We’ve already taken note of the possibility of interpreting the whole myth as a drama of the jealousy and guilt of one person, in which the Minotaur plays the role of Minos’ inner KGB, to which the tyrant delegates all the dirty work he himself is guilty of. I think that if it is not in these exact terms, the myth as presented in the film of Dobrachkous follows this same logic.
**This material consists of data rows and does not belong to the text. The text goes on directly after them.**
-- ===== src/Voice/Stopped.antt =====
-- `InteractionCore` (python/tom/voice/interaction_core.py) stays stopped.
use tom.Prelude.{either, ℕ, ◌≡◌, ◌∙◌, Bool, true, false, ◌&&◌, not, ◌||◌, Option, none, some, arith}
use tom.Voice.Core
use tom.Voice.Core.{
  Turn, Phase, quiet, flushing, reaping, InteractionCore, finish_stop, finish_shutdown_stop,
  invalidate, begin_stop,
}
use tom.Voice.Turns.{
  is_finished, notify_speaking, end_turn, return_to_listening, is_interrupted, on_turn_done,
  on_stale_turn_done, go_on, shut_down,
}
use tom.Voice.Runs.{
  Event, speech_starts, turn_begins, speaks, completes, ends, done, stale_done, flushed, reaped,
  mic_ungates, stops, shutdown_flushed, shutdown_reaped, has_running, apply, complete_response,
  with_turn, flush, reap, shutdown_flush, shutdown_reap, is_reaped_by,
}
use tom.Voice.Kept.{
  Keeps, notify_speaking-Keeps, complete_response-Keeps, end_turn-Keeps, return_to_listening-Keeps,
  go_on-Keeps, shut_down-Keeps,
}

abbrev pub IsStopped : InteractionCore → Type 0
IsStopped c = c.is_stopped ≡ true

kept-IsStopped : (c d : InteractionCore) → Keeps c d → IsStopped c → IsStopped d
unfolding Keeps
kept-IsStopped c d (s, k, e, i) h = i ∙ h

with_turn-IsStopped :
    (o : Option Turn) (f : Turn → InteractionCore → InteractionCore) (c : InteractionCore)
    → ((t : Turn) → Keeps c (f t c))
    → IsStopped c
    → IsStopped (with_turn o f c)
with_turn-IsStopped none f c k h = h
with_turn-IsStopped (some t) f c k h =
    either IsStopped (t.is_finished || c.has_stale_callback) c _ (λ _. h)
      (λ _. kept-IsStopped c (f t c) (k t) h)

flush-IsStopped :
    (ok : Bool) (c : InteractionCore) (p : Phase) → IsStopped c → IsStopped (flush ok p c)
unfolding finish_stop
flush-IsStopped ok c quiet h = h
flush-IsStopped ok c (reaping n a) h = h
flush-IsStopped ok c (flushing n a) h = h

reap-IsStopped :
    (window now : ℕ) (c : InteractionCore) (p : Phase)
    → IsStopped c
    → IsStopped (reap window now p c)
reap-IsStopped window now c quiet h = h
reap-IsStopped window now c (flushing n a) h = h
reap-IsStopped window now c (reaping n a) h =
    either IsStopped (has_running c.active_turn) c _ (λ _. h)
      (λ _. kept-IsStopped c (go_on window now n a c) (go_on-Keeps window now n a c) h)

pub shutdown_flush-IsStopped :
    (ok : Bool) (c : InteractionCore) (p : Phase) → IsStopped c → IsStopped (shutdown_flush ok p c)
unfolding finish_shutdown_stop finish_stop
shutdown_flush-IsStopped ok c quiet h = h
shutdown_flush-IsStopped ok c (reaping n a) h = h
shutdown_flush-IsStopped ok c (flushing n a) h = h

pub shutdown_reap-IsStopped :
    (c : InteractionCore) (p : Phase) → IsStopped c → IsStopped (shutdown_reap p c)
shutdown_reap-IsStopped c quiet h = h
shutdown_reap-IsStopped c (flushing n a) h = h
shutdown_reap-IsStopped c (reaping n a) h =
    either IsStopped (is_reaped_by n c.active_turn) c (shut_down c) (λ _. h)
      (λ _. kept-IsStopped c (shut_down c) (shut_down-Keeps c) h)

interrupted_if_stopped : (c : InteractionCore) → IsStopped c → is_interrupted c ≡ true
interrupted_if_stopped c h = ground (arith, h)

pub stop-IsStopped : (c : InteractionCore) → IsStopped (Core.stop c)
unfolding Core.stop invalidate begin_stop
stop-IsStopped c = ground arith

-- A stopped core stays stopped.
pub apply-IsStopped :
    (window : ℕ) (e : Event) (c : InteractionCore) → IsStopped c → IsStopped (apply window e c)
unfolding apply on_turn_done on_stale_turn_done
apply-IsStopped window (speech_starts now) c h = rw (interrupted_if_stopped c h) h
apply-IsStopped window (turn_begins now audio) c h = rw (interrupted_if_stopped c h) h
apply-IsStopped window speaks c h =
    with_turn-IsStopped c.active_turn notify_speaking c (λ t. notify_speaking-Keeps t c) h
apply-IsStopped window completes c h =
    with_turn-IsStopped c.active_turn complete_response c (λ t. complete_response-Keeps t c) h
apply-IsStopped window ends c h =
    with_turn-IsStopped c.active_turn end_turn c (λ t. end_turn-Keeps t c) h
apply-IsStopped window done c h =
    let d : InteractionCore = record c { active_turn = none } in
    either IsStopped (is_finished c.active_turn && not c.has_stale_callback) _ c
      (λ _. kept-IsStopped d (return_to_listening d) (return_to_listening-Keeps d) h) (λ _. h)
apply-IsStopped window stale_done c h =
    let d : InteractionCore = record c { has_stale_callback = false } in
    either IsStopped c.has_stale_callback _ c
      (λ _. kept-IsStopped d (return_to_listening d) (return_to_listening-Keeps d) h) (λ _. h)
apply-IsStopped window (flushed ok) c h = flush-IsStopped ok c c.phase h
apply-IsStopped window (reaped now) c h = reap-IsStopped window now c c.phase h
apply-IsStopped window mic_ungates c h = h
apply-IsStopped window stops c h = stop-IsStopped c
apply-IsStopped window (shutdown_flushed ok) c h =
    either IsStopped c.is_stopped _ c (λ _. shutdown_flush-IsStopped ok c c.shutdown h) (λ _. h)
apply-IsStopped window shutdown_reaped c h =
    either IsStopped c.is_stopped _ c (λ _. shutdown_reap-IsStopped c c.shutdown h) (λ _. h)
It is easy to see how this works on the example of Temo. If the Minotaur and Theseus are both signifiers in one person’s imaginary order built around guilt and its expiation, there must necessarily be something common between them, and Dobrachkous easily finds it in their binary nature. As we know, Theseus has two fathers, a God and a man, and the Minotaur was born from a liaison of two creatures: a beast and a woman. This mythological structure allows for further metonymic mixing of the actors. In the film, we have Temo, a mix of Theseus and the Minotaur who, as he says himself, feels, within himself, “a monster – and someone meant to slay the monster.” Temo has two fathers, the one (a beast/a God) who raped his mother, and the one (a man) who raised him and didn’t slay the rapist – those are the two faces of Minos’ repression: jealousy and guilt. We clearly see how the figures of God and the beast merge in the figure of Temo’s biological father, and that is not at all Dobrachkous’ invention: not only in the case of Theseus is it (a) God who rapes Aethra, Theseus’ mother. We also know a story of Zeus becoming a bull to take hold of Europa (according to Pseudo-Apollodorus, it was the same bull that Pasiphaë then slept with and that fathered the Minotaur). Thus God, assuming the role of seducer and tearing families apart, always puts on a mask, and that is what Temo refers to the only time he talks about God in the film: “His invisibility impresses me,” he says. Temo clearly blames the God-beast for his own divided existence and sees himself as a product of a family collision, as an actor in someone else’s story, so he tears himself from everything that ties him to his family, and to the world: “In the end, I realized that I hated them both. Nor could I tolerate more lies.” That is where we meet him in the film, a depressed stoner living in a family which is not his, a slave in the labyrinth folded upon itself, with no one to slay, and no way to leave. Temo presents a characteristic case of melancholy based on identification with an abandoned object. Freud describes the structure of such cases in the following way: “They show us the ego divided, fallen apart into two pieces, one of which rages against the second”.3
Now we see that Temo and Ariadna represent very similar, yet somehow different figures. Let’s start with the similarity. The similarity lies in the phantasm of exclusion and identification they both take part in. That is the phantasm of the Greek myth. The phantasm can be unpacked as follows:
- Exclusion. Both see themselves as slaves, that is to say as not belonging to the family. Temo states it directly: “I am a slave.” As for Ariadna, we already talked about the roots of her separation from the family in the words of Medea. In one of her childhood memories, she sees herself at school, standing along the wall among seven girls who wait to get vaccinated, thus taking up the role of an enslaved Athenian girl being taken to the Minotaur (some of us can still remember the fear of needles we felt when we were kids). This is obviously the reason why her grandmother’s name is Medea – an empress who kills her children. This motive of exclusion, of being expelled from home, is at the center of an episode where Temo and Ariadna, traveling with the thread, chance upon a family of war refugees and instantly relate to them.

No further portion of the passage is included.